COUR D'APPEL D'AIX EN PROVENCE
8e Chambre C
ARRÊT AU FOND
DU 17 AVRIL 2014
N° 2014/ 269
Rôle N° 13/05009
SA SOCIETE GENERALE
C/
[Y] [R]
Grosse délivrée
le :
à :[T]
CIPRE
Décision déférée à la Cour :
Jugement du Tribunal de Commerce de NICE en date du 13 Février 2013 enregistré au répertoire général sous le n° 2012F00168.
APPELANTE
SA SOCIETE GENERALE, prise en la personne de ses représentants légaux, dont le siège est sis [Adresse 1]
représentée par Me Pierre VIVIANI, avocat au barreau de NICE
INTIME
Monsieur [Y] [R]
né le [Date naissance 1] 1967 à [Localité 1], demeurant [Adresse 2]

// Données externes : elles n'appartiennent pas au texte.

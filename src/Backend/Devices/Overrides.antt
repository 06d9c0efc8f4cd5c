-- ===== src/Backend/Devices/Overrides.antt =====
-- What of a device stays and what a configuration comes to (backend/app.py).
use frass_f.Base.{
  Distinct, first_of, get-update_all, update_all, ℕ, ◌≡◌, false, some, Text, text, text_eq,
  text_eq_refl, is_empty, if◌then◌else◌, Dict, get, put, get-put, arith,
}
use frass_f.Backend.State.{Backend, Device}
use frass_f.Backend.Devices.{
  config_is, Registration, register_device, get_device_config, update_device_config,
}

-- After the configuration of a known device is set, with no key twice, the configuration that the device gets has the values that
-- were set, and the backend's own value for every other key.
pub get_device_config-update_device_config :
    {C E : Type 0} (base c : Dict C) (device_id : Text) (now : ℕ) (d : Device C) (b : Backend C E)
    → get device_id b.devices ≡ some d
    → Distinct c
    → (config : Dict C) × ((get_device_config base device_id now
          (update_device_config device_id c b).1).0
        ≡ config_is config)
      × ((k : Text) → get k config ≡ first_of (get k c) (get k base))
unfolding get_device_config update_device_config
get_device_config-update_device_config base c device_id now d b h distinct =
    let put_back : get device_id (put device_id (record d { config = some c }) b.devices)
        ≡ some (record d { config = some c }) =
      let there = get-put device_id device_id (record d { config = some c }) b.devices in
      let same = text_eq_refl device_id in ground arith in
    (update_all base c, rw (h, put_back), λ k. get-update_all k base c distinct)

-- A device that registers again keeps its name, location, key and configuration, whatever the
-- request says; it is active and was just seen, and no other device has changed.
pub register_device_keeps :
    {C E : Type 0} (r : Registration) (key other : Text) (now : ℕ) (d : Device C) (b : Backend C E)
    → is_empty r.device_id ≡ false
    → get r.device_id b.devices ≡ some d
    → get other (register_device r key now b).1.devices ≡ (
        if text_eq r.device_id other
        then some (record d { last_seen = some now; status = text "active" })
        else get other b.devices)
unfolding register_device
register_device_keeps r key other now d b named h =
    rw (named, h)
      (get-put r.device_id other (record d { last_seen = some now; status = text "active" })
        b.devices)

représenté par Me Patrice CIPRE, avocat au barreau de NICE
*-*-*-*-*
COMPOSITION DE LA COUR
En application des dispositions des articles 786 et 910 du Code de Procédure Civile, l'affaire a été débattue le 19 Mars 2014, en audience publique, les avocats ne s'y étant pas opposés, devant Monsieur Yves ROUSSEL, Président, chargé du rapport.
Ce magistrat a rendu compte des plaidoiries dans le délibéré de la Cour, composée de :
Monsieur Yves ROUSSEL, Président
Monsieur Vincent PELLEFIGUES, Conseiller
Monsieur Pascal MATHIS, Conseiller
Greffier lors des débats : Mme Agnès BAYLE.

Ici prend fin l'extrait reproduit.